Frank Sponberg

Personal information
- Full name: Francis Anthony Sponberg
- Born: 18 May 1913 Balmain, New South Wales, Australia
- Died: 17 June 2000 (aged 87) Central Coast, New South Wales, Australia

Playing information
- Height: 182 cm (6 ft 0 in)
- Weight: 94 kg (14 st 11 lb)
- Position: Lock, Second-row
Club
| Years | Team | Pld | T | G | FG | P |
| 1932–34 | Western Suburbs | 38 | 5 | 0 | 0 | 15 |
| 1935–44 | Canterbury-Bankstown | 118 | 27 | 2 | 0 | 85 |
|  | Total | 156 | 32 | 2 | 0 | 100 |
Representative
| Years | Team | Pld | T | G | FG | P |
| 1933–34 | New South Wales | 3 | 1 | 0 | 0 | 3 |
| 1933–35 | NSW City | 4 | 2 | 0 | 0 | 6 |
- Source: As of 19 February 2019

= Frank Sponberg =

Australian rugby league footballer

Francis Anthony Sponberg (18 May 1913 − 17 June 2000) was a professional rugby league footballer who played for Western Suburbs, Canterbury-Bankstown and for the New South Wales Rugby League team. He is the younger brother of Bill Sponberg - who also played for Canterbury.

==Club career==
Of Swedish descent, Sponberg had a successful club career, winning three grand finals with two different clubs.

A Canterbury junior, Sponberg made his debut for Western Suburbs in Round 6 of the 1932 season. He played for Wests for three seasons between 1932 and 1934. Sponberg played in the final against South Sydney after a semi-final win against Balmain. However, as minor premiers, Souths were allowed right of challenge, and so a rematch of the grand final was played a week later. Western Suburbs lost the grand final 12-19 and Souths took their 11th title. He scored his debut try in round 11 of the 1932 season in a win against Sydney University.

Sponberg played lock in the 1934 Grand Final, with his team defeating Eastern Suburbs 15-12.

He joined the newly admitted Canterbury-Bankstown club for their debut season in 1935. Sponberg was appointed captain of Canterbury-Bankstown's first-grade side on six occasions and was a member of the club's premiership-winning teams in 1938 and 1942. He played eight seasons with Canterbury between 1935 and 1944, including the 1938 Grand Final and the 1942 Grand Final. He spent the 1940 season as captain-coach of Wollongong, before returning to Canterbury in 1941. In round 4 of 1941, Sponberg scored two tries against South Sydney. In Canterbury's season rematch with Souths, Sponberg also scored two tries to help his team win 16-13.

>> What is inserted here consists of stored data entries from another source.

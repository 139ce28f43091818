-- ===== src/StreamerServer/Comm/Isolation.antt =====
-- What the answer to a message leaves alone, and what it writes outside of the array.
use live_streamer.Common.{◌+◌, ◌≤◌, ◌≡◌, ◌≢◌, length, some, false, Bool-cases, inl, inr, ap, ◌∙◌}
use live_streamer.Text.{Text, codes, text_eq, text_eq_ne}
use live_streamer.Buffer.{max_data_size}
use live_streamer.Buffer.Frames.{spilled-loaded}
use live_streamer.Json.{Json}
use live_streamer.StreamerServer.State.{State}
use live_streamer.StreamerServer.Json.{stream_id_key, status_key, action_key, address}
use live_streamer.StreamerServer.Json.Address.{HasNoSlash, resolved, resolved-address_injective}
use live_streamer.StreamerServer.Json.Effect.{Usable, current}
use live_streamer.StreamerServer.Comm.{action_text, msg_parse}
use live_streamer.StreamerServer.Comm.Reply.{
  answered, answered-acked, answered-told, accepts, msg_parse_lem,
}

module _ {Obj : Type 0} ⦃j : Json Obj⦄ where
  answered-elsewhere :
      (s : State Obj) (id status action q : Text)
      → text_eq (address id) q ≡ false
      → (answered s id status action).files.at q ≡ s.files.at q
  answered-elsewhere s id status action q h = elim (Bool-cases (accepts status action)) [
    | inl e ↦ rw (answered-acked s id status action e, h)
    | inr e ↦ rw (answered-told s id status action e, h)
  ]

  answered-spills :
      (s : State Obj) (id status action : Text)
      → length s.temp_buf_s.cells ≡ max_data_size
      → (answered s id status action).temp_buf_s.spilled ≡ s.temp_buf_s.spilled + 1
  answered-spills s id status action size = elim (Bool-cases (accepts status action)) [
    | inl e ↦
        rw (answered-acked s id status action e) (spilled-loaded (codes "ACK") s.temp_buf_s size)
    | inr e ↦
        rw (answered-told s id status action e)
          (spilled-loaded (action_text id action) s.temp_buf_s size)
  ]

  module _ (s : State Obj) (str : Text) {o : Obj} (id status action : Text)
      (parsed : j.tokener_parse str ≡ some o) (has_id : j.get_ex o stream_id_key ≡ some (some id))
      (has_status : j.get_ex o status_key ≡ some (some status)) (usable : Usable s.files id)
      (has_action : j.get_ex (current s.files id) action_key ≡ some (some action)) where
    -- A status message of one stream leaves the status file of every other stream as it was,
    -- by whatever path that file is read, if the names of the two have at most 51 bytes and no
    -- slash. (With a slash, "cam" and "./cam" are two streams that share one file.)
    pub msg_parse_elsewhere :
        (other : Text)
        → length id ≤ 51
        → length other ≤ 51
        → HasNoSlash id
        → HasNoSlash other
        → id ≢ other
        → (path : Text) → resolved path ≡ resolved (address other)
        → (msg_parse str s).1.files.at path ≡ s.files.at path
    msg_parse_elsewhere other h k n m ne path same =
        let apart : address id ≢ path =
          λ e. ne (resolved-address_injective id other h k n m (ap resolved e ∙ same)) in
        rw (msg_parse_lem s str id status action parsed has_id has_status usable has_action)
          (answered-elsewhere s id status action path (text_eq_ne (address id) path apart))

    -- Each answer to a status message writes one byte outside of `tempBufS`.
    pub msg_parse_spills :
        length s.temp_buf_s.cells ≡ max_data_size
        → (msg_parse str s).1.temp_buf_s.spilled ≡ s.temp_buf_s.spilled + 1
    msg_parse_spills size =
        rw (msg_parse_lem s str id status action parsed has_id has_status usable has_action)
          (answered-spills s id status action size)
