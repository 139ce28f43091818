-- ===== src/StreamerServer/Trigger/Loop.antt =====
-- What the loop of main.c does, as long as `status/` can be read and after that.
use live_streamer.Common.{
  ℕ, zero, suc, ◌≡◌, refl, sym, subst, ◌∙◌, List, [], ◌∷◌, ◌++◌, replicate, true, false, Bool-cases,
  inl, inr, none, some, Bool, if◌then◌else◌, arith,
}
use live_streamer.Machine.{exited, waiting}
use live_streamer.Json.{Json}
use live_streamer.Files.{Files, write}
use live_streamer.StreamerServer.Json.{status_key, off}
use live_streamer.StreamerServer.Trigger.{
  Entry, Main, Signal, sigalrm, sigint, switch_off_all, trigger, sweep, kill_thread,
  int_mainhandler, next_round, main_loop, main,
}
use live_streamer.StreamerServer.Trigger.Reset.{
  AllRewritable, Rewritable, AllRewritable-write, Swept, switch_off_lem, switch_off_all_lem,
  path_of,
}

-- Alarms in n rounds, which find the same entries, one that cannot open the directory, and then
-- any signals.
abbrev pub until_error : ℕ → List Entry → List Signal → List Signal
until_error n es rest = replicate n (sigalrm (some es)) ++ sigalrm none ∷ rest

pub has_sigint : List Signal → Bool
has_sigint [] = false
has_sigint (sigint ∷ signals) = true
has_sigint (sigalrm dir ∷ signals) = has_sigint signals

module _ {Obj : Type 0} ⦃j : Json Obj⦄ where
  -- The files after a sweep.
  abbrev pub swept : List Entry → Files Obj → Files Obj
  swept es f = (switch_off_all es f).1

  swept_dir :
      (f : Files Obj) (e : Entry) (es : List Entry)
      → e.is_dir ≡ true
      → swept (e ∷ es) f ≡ swept es f
  unfolding switch_off_all
  swept_dir f e es d = ground arith

  swept_file :
      (f : Files Obj) (e : Entry) (es : List Entry)
      → e.is_dir ≡ false
      → (r : Rewritable f (path_of e.d_name))
      → swept (e ∷ es) f ≡ swept es (write f (path_of e.d_name) (j.add r.object status_key off))
  unfolding switch_off_all
  swept_file f e es d r = ground (arith, switch_off_lem f e.d_name r)

  -- A sweep leaves every file rewritable.
  AllRewritable-swept :
      (f : Files Obj) (es ds : List Entry)
      → AllRewritable f es
      → AllRewritable f ds
      → AllRewritable (swept es f) ds
  unfolding switch_off_all
  AllRewritable-swept f [] ds a b = b
  AllRewritable-swept f (e ∷ es) ds a b = elim (Bool-cases e.is_dir) [
    | inl d ↦
        subst (λ x. AllRewritable x ds) (sym (swept_dir f e es d))
          (AllRewritable-swept f es ds a.1 b)
    | inr d ↦
        let r = a.0 d in
        let o = j.add r.object status_key off in
        let holds = j.add-is_object r.object status_key off r.is_object in
        let f' = write f (path_of e.d_name) o in
        let a' = AllRewritable-write f (path_of e.d_name) o es holds r.can_write a.1 in
        let b' = AllRewritable-write f (path_of e.d_name) o ds holds r.can_write b in
        subst (λ x. AllRewritable x ds) (sym (swept_file f e es d r))
          (AllRewritable-swept f' es ds a' b')
  ]

  -- Files that a sweep before left alone, or switched off.
  Swept-trans :
      (f f' f'' : Files Obj) (es : List Entry) → Swept f f' es → Swept f' f'' es → Swept f f'' es
  Swept-trans f f' f'' es a b = record {
    switched = b.switched;
    untouched = λ q c. b.untouched q c ∙ a.untouched q c;
  }

  -- In a round whose alarm could not open the directory.
  stalled_lem :
      (signals : List Signal) (m : Main Obj)
      → m.alarm_set ≡ false
      → m.thread_strm ≡ true
      → main_loop signals m ≡ (if has_sigint signals then exited 137 else waiting, m)
  unfolding main_loop int_mainhandler kill_thread has_sigint
  stalled_lem [] m a t = refl
  stalled_lem (sigint ∷ signals) m a t = simp t
  stalled_lem (sigalrm dir ∷ signals) m a t = simp a (stalled_lem signals m a t)

  -- In a round whose alarm is set.
  abbrev begun : Main Obj → Main Obj
  begun m = record m { trig = true; alarm_set = true }

  -- A round of the loop whose sweep ends.
  round_lem :
      (m : Main Obj) (es : List Entry) (signals : List Signal)
      → m.flag ≡ true
      → AllRewritable m.files es
      → main_loop (sigalrm (some es) ∷ signals) (begun m)
        ≡ main_loop signals (begun (record m { files = swept es m.files }))
  unfolding main_loop trigger sweep next_round
  round_lem m es signals h a = simp (h, (switch_off_all_lem m.files es a).0)

  loop_lem :
      (n : ℕ) (f : Files Obj) (m : Main Obj) (es : List Entry) (rest : List Signal)
      → m.flag ≡ true
      → m.thread_strm ≡ true
      → AllRewritable m.files es
      → Swept f m.files es
      → let (r, m') = main_loop (until_error n es rest) (begun m) in
        (r ≡ (if has_sigint rest then exited 137 else waiting))
        × (m'.trig ≡ true)
        × Swept f m'.files es
  unfolding main_loop trigger sweep
  loop_lem zero f m es rest h t a w =
      let m' = record m { trig = true; alarm_set = false } in
      rw (stalled_lem rest m' refl t) (refl, refl, w)
  loop_lem (suc n) f m es rest h t a w =
      let m' : Main Obj = record m { files = swept es m.files } in
      subst
        (λ x.
          (x.0 ≡ (if has_sigint rest then exited 137 else waiting))
          × (x.1.trig ≡ true)
          × Swept f x.1.files es)
        (sym (round_lem m es (until_error n es rest) h a))
        (loop_lem n f m' es rest h t (AllRewritable-swept m.files es es a a)
          (Swept-trans f m.files m'.files es w (switch_off_all_lem m.files es a).1))

  first_round :
      (m : Main Obj) (es : List Entry) (plyr : Bool) (signals : List Signal)
      → m.flag ≡ true
      → AllRewritable m.files es
      → main (some es) true plyr signals m
        ≡ main_loop signals
            (begun (record m { files = swept es m.files; thread_strm = true; thread_plyr = plyr }))
  unfolding main trigger sweep next_round
  first_round m es plyr signals h a = simp (h, (switch_off_all_lem m.files es a).0)

  -- While the directory can be read, each round switches the listed files off and goes on. The
  -- first round in which it cannot be opened is the last one: no further alarm is set, and the loop
  -- sleeps on with `trig` set. Only a SIGINT ends it, which kills the process with its first call
  -- if the streamer server's thread runs: neither flag is cleared.
  pub main_stalls :
      (n : ℕ) (m : Main Obj) (es : List Entry) (plyr : Bool) (rest : List Signal)
      → m.flag ≡ true
      → AllRewritable m.files es
      → let (r, m') = main (some es) true plyr (until_error n es rest) m in
        (r ≡ (if has_sigint rest then exited 137 else waiting))
        × (m'.trig ≡ true)
        × Swept m.files m'.files es
  main_stalls n m es plyr rest h a =
      let m' : Main Obj = record m {
        files = swept es m.files;
        thread_strm = true;
        thread_plyr = plyr;
      } in
      subst
        (λ x.
          (x.0 ≡ (if has_sigint rest then exited 137 else waiting))
          × (x.1.trig ≡ true)
          × Swept m.files x.1.files es)
        (sym (first_round m es plyr (until_error n es rest) h a))
        (loop_lem n m.files m' es rest h refl (AllRewritable-swept m.files es es a a)
          (switch_off_all_lem m.files es a).1)
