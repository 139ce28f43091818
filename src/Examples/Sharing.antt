-- ===== src/Examples/Sharing.antt =====
-- The properties of what the threads of the server share, at concrete inputs.
use live_streamer.Common.{
  ◌+◌, ◌≡◌, ◌≢◌, refl, true, false, some, none, [], if◌then◌else◌, ◌∷◌, length-replicate, arith,
}
use live_streamer.Text.{Text, codes, text_eq}
use live_streamer.Buffer.{max_data_size}
use live_streamer.Machine.{exited, waiting}
use live_streamer.Sockets.{bytes}
use live_streamer.StreamerServer.Json.Address.{HasNoSlash, resolved}
use live_streamer.StreamerServer.Json.{address, action_key}
use live_streamer.StreamerServer.Json.Effect.{Usable, current}
use live_streamer.StreamerServer.Comm.{msg_parse, receive}
use live_streamer.StreamerServer.Comm.Directed.{Directed, receive-Directed}
use live_streamer.StreamerServer.Comm.Isolation.{msg_parse_elsewhere, msg_parse_spills}
use live_streamer.StreamerServer.Threads.{Sends, start, hear, entered, answers_newest}
use live_streamer.StreamerServer.Trigger.{Entry, Main, sigalrm, sigint, main}
use live_streamer.StreamerServer.Trigger.Reset.{Swept, AllRewritable}
use live_streamer.StreamerServer.Trigger.Loop.{until_error, has_sigint, main_stalls}
use live_streamer.StreamerClient.Comm.{status_text}
use live_streamer.Examples.PlainJson.{Members, lookup, plain_json, plain_json-ReadsMessages}
use live_streamer.Examples.States.{cam, cam_record, server}

abbrev report : Text
report = status_text cam (codes "ready")

receive-Directed_example : Directed server (receive (bytes report) server).1
receive-Directed_example = receive-Directed (bytes report) server

answers_newest_example :
    Sends 6 server.log (receive (bytes report) (entered 6 (entered 5 server))).1.log
answers_newest_example =
    answers_newest 5 6 server (receive (bytes report) (entered 6 (entered 5 server))).1
      (hear (bytes report) (start (entered 6 (entered 5 server))))

cam-Usable : Usable server.files cam
cam-Usable = record { can_write = refl; holds_object = refl }

cam_action : lookup (current server.files cam) action_key ≡ some (some (codes "live"))
unfolding current address codes text_eq lookup
cam_action = refl

cam_apart : cam ≢ codes "hall"
unfolding codes
cam_apart e = cc

-- Another path to the same file.
abbrev hall_path : Text
hall_path = codes "./status//hall.json"

cam-HasNoSlash : HasNoSlash cam
unfolding codes
cam-HasNoSlash = (refl, (refl, (refl, tt)))

hall-HasNoSlash : HasNoSlash (codes "hall")
unfolding codes
hall-HasNoSlash = (refl, (refl, (refl, (refl, tt))))

msg_parse_elsewhere_example :
    (msg_parse report server).1.files.at hall_path ≡ server.files.at hall_path
unfolding codes resolved address text_eq
msg_parse_elsewhere_example =
    let r = plain_json-ReadsMessages.reads_status cam (codes "ready") (omega arith) (omega arith) in
    msg_parse_elsewhere server report cam (codes "ready") (codes "live") r.parsed r.has_id
      r.has_value cam-Usable cam_action (codes "hall") (omega arith) (omega arith) cam-HasNoSlash
      hall-HasNoSlash cam_apart hall_path refl

msg_parse_spills_example : (msg_parse report server).1.temp_buf_s.spilled ≡ 0 + 1
unfolding codes
msg_parse_spills_example =
    let r = plain_json-ReadsMessages.reads_status cam (codes "ready") (omega arith) (omega arith) in
    msg_parse_spills server report cam (codes "ready") (codes "live") r.parsed r.has_id r.has_value
      cam-Usable cam_action (length-replicate max_data_size 0)

abbrev main_globals : Main Members
main_globals = record {
  files = server.files;
  trig = false;
  flag = true;
  destroy_flag = false;
  thread_strm = false;
  thread_plyr = false;
  alarm_set = false;
}

abbrev listing : Entry
listing = record { d_name = codes "cam.json"; is_dir = false }

listing_rewritable : AllRewritable server.files (listing ∷ [])
unfolding address codes text_eq
listing_rewritable =
    (λ h. record { object = cam_record; holds = refl; is_object = refl; can_write = refl }, tt)

main_stalls_example :
    let (r, m') =
      main
        (some (listing ∷ []))
        true
        true
        (until_error 2 (listing ∷ []) (sigalrm none ∷ sigint ∷ []))
        main_globals in
    (r ≡ (if has_sigint (sigalrm none ∷ sigint ∷ []) then exited 137 else waiting))
    × (m'.trig ≡ true)
    × Swept server.files m'.files (listing ∷ [])
main_stalls_example =
    main_stalls 2 main_globals (listing ∷ []) true (sigalrm none ∷ sigint ∷ []) refl
      listing_rewritable
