-- ===== src/StreamerServer/Comm/Errors.antt =====
-- Messages without a status, and a connection that the peer has closed.
use live_streamer.Common.{ℕ, ◌≡◌, refl, [], ◌-◌, Option, none, some, ⊤, arith, take-nil, length}
use live_streamer.Text.{Text, c_string}
use live_streamer.Buffer.{max_data_size}
use live_streamer.Buffer.Frames.{max_data_size_lem}
use live_streamer.Buffer.Reading.{text-received}
use live_streamer.Machine.{Outcome, ok, fault, exited, waiting, ◌>>◌, M}
use live_streamer.Json.{Json, get_string}
use live_streamer.Files.{Files}
use live_streamer.StreamerServer.State.{State, on_files}
use live_streamer.Sockets.{bytes}
use live_streamer.StreamerServer.Json.{
  stream_id_key, status_key, new_json_file, json_from_file, set_json_value,
}
use live_streamer.StreamerServer.Comm.{msg_parse, receive, set_strm_id}

-- It returns or it dies of a NULL pointer.
Ends : {A : Type 0} → Outcome A → Type 0
Ends (ok a) = ⊤
Ends fault = ⊤
Ends (exited n) = ⊥
Ends waiting = ⊥

module _ {Obj : Type 0} ⦃j : Json Obj⦄ where
  json_from_file-Ends : (f : Files Obj) (file : Option Text) → Ends (json_from_file file f).0
  unfolding json_from_file new_json_file Ends
  json_from_file-Ends f file = ground arith

  set_json_value_null :
      (f : Files Obj) (k : Text) (file : Option Text) → (set_json_value k none file f).0 ≡ fault
  unfolding set_json_value Ends
  set_json_value_null f k file = ground (arith, json_from_file-Ends f file)

  set_json_value-Ends :
      (f : Files Obj) (k : Text) (v file : Option Text) → Ends (set_json_value k v file f).0
  unfolding set_json_value Ends
  set_json_value-Ends f k v file = ground (arith, json_from_file-Ends f file)

  -- The second call faults, if the first one has returned.
  status_null :
      (s : State Obj) (id : Option Text) (k : M (State Obj) ⊤)
      → ((on_files (set_json_value stream_id_key id id)
            >> (on_files (set_json_value status_key none id) >> k))
          s).0
        ≡ fault
  unfolding Ends
  status_null s id k = ground (
    arith,
    set_json_value-Ends s.files stream_id_key id id,
    set_json_value_null (set_json_value stream_id_key id id s.files).1 status_key id,
  )

  -- A message without a status ends the process, whatever the state.
  pub msg_parse_no_status :
      (s : State Obj) (str : Text)
      → get_string (j.tokener_parse str) status_key ≡ none
      → (msg_parse str s).0 ≡ fault
  unfolding msg_parse set_strm_id
  msg_parse_no_status s str h = go (get_string (j.tokener_parse str) stream_id_key) refl
    where
      go :
          (o : Option Text)
          → get_string (j.tokener_parse str) stream_id_key ≡ o
          → (msg_parse str s).0 ≡ fault
      go none e = rw (e, h) (status_null s s.strm_id _)
      go (some id) e = rw (e, h) (status_null (record s { strm_id = some id }) (some id) _)

  -- So does a connection that the peer has closed: `recv` gives no bytes, and the empty text has
  -- no status.
  pub receive_closed :
      (s : State Obj) → length s.temp_buf_s.cells ≡ max_data_size → (receive (bytes []) s).0 ≡ fault
  unfolding receive c_string get_string
  receive_closed s size =
      rw
        (
          take-nil ℕ (max_data_size - 1),
          text-received [] s.temp_buf_s size (omega (arith, max_data_size_lem)),
        )
        (msg_parse_no_status _ [] (rw j.tokener_parse-nil))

In 1944, Sponberg played his final career game in round 8 against Newtown. He scored a try in that game.

==Representative career==
Sponberg represented New South Wales on seven occasions between 1933 and 1935. He scored a try in New South Wales' 24-0 Game 1 win against Queensland in the 1933 Interstate series. He missed 1936 selection due to broken ribs. Sponberg also represented New South Wales City, making 4 appearances with the representative team. In his debut with the team, he scored 2 tries against New South Wales Country, with his team winning 47-6.

Sponberg died at his home on the Central Coast of New South Wales following a short illness on 17 June 2000, aged 87.

==Accolades==
During 1936, Sponberg was quoted in the press as "the next best lock to Wally Prigg in Australia."

In 1985, Sponberg was selected in the Bulldogs' 'Greatest Team Ever'.

In 2004, Sponberg was named in the Canterbury 70th year Berries to Bulldogs Team Of Champions as lock forward.

In 2007, he was inducted into the Bulldogs Ring of Champions (Hall of Fame).